Il film inizia con Marilyn bambina vittima di una madre, Gladys (Julianne Nicholson), con gravi problemi psichici. Al punto da tentare di ucciderla più volte e finire in una struttura psichiatrica, mentre la piccola Norma Jean finisce in più case famiglia. Prima di intraprendere la carriera di fotomodella prima e attrice poi.
La madre Gladys gli mostra la foto di suo padre, asserendo che non potrà incontrarlo perché egli è un uomo importante di Hollywood e non può prendersi cura di lei perché la sua esistenza finirebbe per danneggiarlo. Quella foto rimbomberà nella testa di Marilyn per tutta la sua esistenza e conoscere suo padre diventerà la sua ossessione. Riceverà da lui molte lettere, nelle quali gli promette un incontro che non avverrà mai, fino alla spiazzante sorpresa finale.

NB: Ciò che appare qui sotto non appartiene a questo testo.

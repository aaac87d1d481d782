-- ===== src/Calendar/Units/Keeping.antt =====
-- Parse of a Value keeps it valid, whether it reads the text or refuses it.
use resticprofile.Base.{
  ℕ, List, [], ◌∷◌, Text, Keeps, Keeps-each, Bool-cases, Option-cases, inl, inr,
}
use resticprofile.Text.{text_eq, has_part, split, scan_range}
use resticprofile.Calendar.Value.{clear_flags}
use resticprofile.Calendar.Value.Bounds.{
  IsValid, add_value-IsValid, add_range-IsValid, clear_flags-IsValid,
}
use resticprofile.Calendar.Units.{
  parse, parse_piece, parse_unit, parse_int, run_post_process, comma, dots,
}

parse_unit-IsValid : (post : List (ℕ → ℕ)) (s : Text) → Keeps IsValid (parse_unit post s)
unfolding parse_unit
parse_unit-IsValid post s v h = elim (Bool-cases (has_part dots s)) [
  | inl e ↦ elim (Option-cases (scan_range s)) [
    | inl n ↦ rw (e, n, parse_unit) h
    | inr ((a, b), n) ↦
        rw (e, n, parse_unit)
          (add_range-IsValid (run_post_process post a) (run_post_process post b) v h)
  ]
  | inr e ↦ elim (Option-cases (parse_int s)) [
    | inl n ↦ rw (e, n, parse_unit) h
    | inr (i, n) ↦ rw (e, n, parse_unit) (add_value-IsValid (run_post_process post i) v h)
  ]
]

parse_piece-IsValid : (post : List (ℕ → ℕ)) (s : Text) → Keeps IsValid (parse_piece post s)
unfolding parse_piece
parse_piece-IsValid post s v h = elim (Bool-cases (text_eq s [])) [
  | inl e ↦ rw e h
  | inr e ↦ rw e (parse_unit-IsValid post s v h)
]

pub parse-IsValid : (post : List (ℕ → ℕ)) (s : Text) → Keeps IsValid (parse post s)
unfolding parse
parse-IsValid post s v h = elim (Bool-cases (text_eq s (b'*' ∷ []))) [
  | inl e ↦ rw e (clear_flags-IsValid h)
  | inr e ↦ rw e (
      Keeps-each IsValid (parse_piece post) (split comma s) (parse_piece-IsValid post)
        (clear_flags v) (clear_flags-IsValid h))
]
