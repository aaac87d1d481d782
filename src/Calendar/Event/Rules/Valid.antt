-- ===== src/Calendar/Event/Rules/Valid.antt =====
-- Parse keeps every field of an event valid, whether it reads the text or refuses it.
use resticprofile.Base.{
  ℕ, List, [], ◌∷◌, Text, All, Act, Keeps, Keeps->>, Keeps-if, Keeps-each-All, skip, Bool-cases,
  Option-cases, inl, inr,
}
use resticprofile.Text.{text_eq}
use resticprofile.Calendar.Value.{ValueError, TypeValue}
use resticprofile.Calendar.Value.Bounds.{add_value-IsValid}
use resticprofile.Calendar.Units.Keeping.{parse-IsValid}
use resticprofile.Calendar.Event.{Event}
use resticprofile.Calendar.Event.Keywords.{special_keywords}
use resticprofile.Calendar.Event.Rules.{
  ParseFunc, parse_year, parse_month, parse_day, parse_hour, parse_minute, parse_second,
  parse_weekday, set_midnight, ignore, EventError, parse_event, Rule, try_rules, try_keywords,
  parsing_rules, wrap,
}
use resticprofile.Calendar.Event.Rules.Fields.{
  IsValidEvent, on_week_days-IsValidEvent, on_years-IsValidEvent, on_months-IsValidEvent,
  on_days-IsValidEvent, on_hours-IsValidEvent, on_minutes-IsValidEvent, on_seconds-IsValidEvent,
}

wrap-Keeps :
    (t : TypeValue) (m : Act ValueError Event)
    → Keeps IsValidEvent m
    → Keeps IsValidEvent (wrap t m)
wrap-Keeps t m k e h = k e h

skip-Keeps : Keeps IsValidEvent (skip {E = EventError})
skip-Keeps e h = h

ignore-Keeps : (m : Act ValueError Event) → Keeps IsValidEvent m → Keeps IsValidEvent (ignore m)
ignore-Keeps m k e h = k e h

ruleset on_rules = (
  wrap-Keeps, ignore-Keeps, on_week_days-IsValidEvent, on_years-IsValidEvent,
  on_months-IsValidEvent, on_days-IsValidEvent, on_hours-IsValidEvent, on_minutes-IsValidEvent,
  on_seconds-IsValidEvent, parse-IsValid, add_value-IsValid, Keeps-if, Keeps->>, skip-Keeps,
)

-- The function of a rule keeps the event valid, whatever the groups.
abbrev KeepsFunc : ParseFunc → Type 0
KeepsFunc f = (match : List Text) → Keeps IsValidEvent (f match)

parse_year-Keeps : (i : ℕ) → KeepsFunc (parse_year i)
unfolding parse_year
parse_year-Keeps i match = search on_rules

parse_month-Keeps : (i : ℕ) → KeepsFunc (parse_month i)
unfolding parse_month
parse_month-Keeps i match = search on_rules

parse_day-Keeps : (i : ℕ) → KeepsFunc (parse_day i)
unfolding parse_day
parse_day-Keeps i match = search on_rules

parse_hour-Keeps : (i : ℕ) → KeepsFunc (parse_hour i)
unfolding parse_hour
parse_hour-Keeps i match = search on_rules

parse_minute-Keeps : (i : ℕ) → KeepsFunc (parse_minute i)
unfolding parse_minute
parse_minute-Keeps i match = search on_rules

parse_second-Keeps : (i : ℕ) → KeepsFunc (parse_second i)
unfolding parse_second
parse_second-Keeps i match = search on_rules

parse_weekday-Keeps : (i : ℕ) → KeepsFunc (parse_weekday i)
unfolding parse_weekday
parse_weekday-Keeps i match = search on_rules

set_midnight-Keeps : KeepsFunc set_midnight
unfolding set_midnight
set_midnight-Keeps match = search on_rules

abbrev KeepsRule : Rule → Type 0
KeepsRule r = All KeepsFunc r.parse_values

parsing_rules-Keeps : All KeepsRule parsing_rules
unfolding parsing_rules
parsing_rules-Keeps = (
  (
    parse_weekday-Keeps 1,
    (
      parse_year-Keeps 2,
      (
        parse_month-Keeps 3,
        (
          parse_day-Keeps 4,
          (parse_hour-Keeps 5, (parse_minute-Keeps 6, (parse_second-Keeps 7, tt))),
        ),
      ),
    ),
  ),
  (
    (parse_year-Keeps 1, (parse_month-Keeps 2, (parse_day-Keeps 3, (set_midnight-Keeps, tt)))),
    (
      (parse_hour-Keeps 1, (parse_minute-Keeps 2, (parse_second-Keeps 3, tt))),
      (
        (
          parse_year-Keeps 1,
          (
            parse_month-Keeps 2,
            (
              parse_day-Keeps 3,
              (parse_hour-Keeps 4, (parse_minute-Keeps 5, (parse_second-Keeps 6, tt))),
            ),
          ),
        ),
        (
          (parse_weekday-Keeps 1, (set_midnight-Keeps, tt)),
          (
            (
              parse_weekday-Keeps 1,
              (
                parse_year-Keeps 2,
                (parse_month-Keeps 3, (parse_day-Keeps 4, (set_midnight-Keeps, tt))),
              ),
            ),
            (
              (
                parse_weekday-Keeps 1,
                (parse_hour-Keeps 2, (parse_minute-Keeps 3, (parse_second-Keeps 4, tt))),
              ),
              tt,
            ),
          ),
        ),
      ),
    ),
  ),
)

All-at :
    (match : List Text) (fs : List ParseFunc)
    → All KeepsFunc fs
    → All (λ (f : ParseFunc). Keeps IsValidEvent (f match)) fs
All-at match [] h = tt
All-at match (f ∷ fs) h = (h.0 match, All-at match fs h.1)

try_rules-Keeps :
    (rs : List Rule) (s : Text) → All KeepsRule rs → Keeps IsValidEvent (try_rules rs s)
unfolding try_rules
try_rules-Keeps [] s h e v = v
try_rules-Keeps (r ∷ rs) s h e v = elim (Option-cases (r.expr s)) [
  | inl n ↦ rw (n, try_rules) (try_rules-Keeps rs s h.1 e v)
  | inr (match, n) ↦
      rw (n, try_rules)
        (Keeps-each-All IsValidEvent (λ (f : ParseFunc). f match) r.parse_values
          (All-at match r.parse_values h.0) e v)
]

abbrev KeepsKeyword : Text × Act ValueError Event → Type 0
KeepsKeyword k = Keeps IsValidEvent k.1

special_keywords-Keeps : All KeepsKeyword special_keywords
unfolding special_keywords
special_keywords-Keeps = search on_rules depth 16

try_keywords-Keeps :
    (ks : List (Text × Act ValueError Event)) (s : Text)
    → All KeepsKeyword ks
    → Keeps IsValidEvent (try_keywords ks s)
unfolding try_keywords
try_keywords-Keeps [] s h e v = try_rules-Keeps parsing_rules s parsing_rules-Keeps e v
try_keywords-Keeps ((keyword, set_values) ∷ ks) s h e v = elim (Bool-cases (text_eq s keyword)) [
  | inl n ↦ rw n (h.0 e v)
  | inr n ↦ rw n (try_keywords-Keeps ks s h.1 e v)
]

-- Parse leaves every field of a valid event valid, whatever the text, also where it returns an error.
pub parse_event-IsValidEvent :
    (s : Text) (e : Event) → IsValidEvent e → IsValidEvent (parse_event s e).0
unfolding parse_event
parse_event-IsValidEvent s e h = elim (Bool-cases (text_eq s [])) [
  | inl n ↦ rw n (renamed e h)
  | inr n ↦ rw n (
      try_keywords-Keeps special_keywords s special_keywords-Keeps (record e { input = s })
        (renamed e h))
]
  where
    renamed : (e : Event) → IsValidEvent e → IsValidEvent (record e { input = s })
    renamed e h = record {
      week_days_valid = h.week_days_valid;
      years_valid = h.years_valid;
      months_valid = h.months_valid;
      days_valid = h.days_valid;
      hours_valid = h.hours_valid;
      minutes_valid = h.minutes_valid;
      seconds_valid = h.seconds_valid;
    }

Nel corso del film, viene evidenziato il lato tragico della vita di Marilyn Monroe: dalle tre gravidanze interrotte ai matrimoni falliti con il campione di baseball Joe di Maggio (Bobby Cannavale) e il famoso sceneggiatore Arthur Miller (Adrien Brody), passando per le tante crisi di nervi durante le riprese con tanto di sedativi per placarla fino al rapporto nascosto e violento con il presidente degli Stati Uniti John Fritzgerald Kennedy.
Ci sono poi aspetti inediti ai più sulla sua vita, come il triangolo amoroso con Eddy Robinson Jr. (Evan Williams) – figlio del famoso attore Edward G. Robinson – e Charles “Cass” Chaplin Jr. (Xavier Samuel), a sua volta figlio del leggendario Charles Chaplin.
Il film ricalca in modo forse troppo eccessivo il lato tragico della vita della Monroe. Per dirla in un linguaggio Social “Mai una gioia“. Alcune sequenze sanno addirittura di film Horror. Certo, nessuno mette in dubbio che la sua breve vita non sia stata felice e che nel buio dei riflettori accecanti di Hollywood fosse una donna sola, depressa, segnata da una infanzia traumatica e dal mancato incontro con suo padre.
E’ proprio su quest’ultimo aspetto che si basa la più grande menzogna sulla quale ruota tutto il film. Il quale assurge come verità il libro di Oates, che di fatto è più un romanzo che un biografico. Infatti, come sottolinea Den of Geek, la vera Marilyn sapeva chi era suo padre e che il vero Charlie Chaplin Jr. le è sopravvissuto di sei anni, l’intera sequenza è una bugia completa.
Infatti, nel finale di Blonde vediamo Marilyn apprendere della morte di Charlie Chaplin Jr. da una telefonata del loro amico (e nel film amante) Eddy Robinson Jr. Il quale gli spedisce come ricordo un orsacchiotto che piaceva tanto alla Monroe avendone uno uguale da bambina e che i tre avevano trovato per strada mentre passeggiavano.
Tuttavia, nel pacco c’è anche un biglietto, col quale Cass gli rivela che le lettere che ella riceveva dal padre in realtà gliele inviava lui per cercare di colmare quel vuoto. E sarebbe proprio questa notizia a spingerla ad assumere un cocktail di barbiturici che la portarono al suicidio.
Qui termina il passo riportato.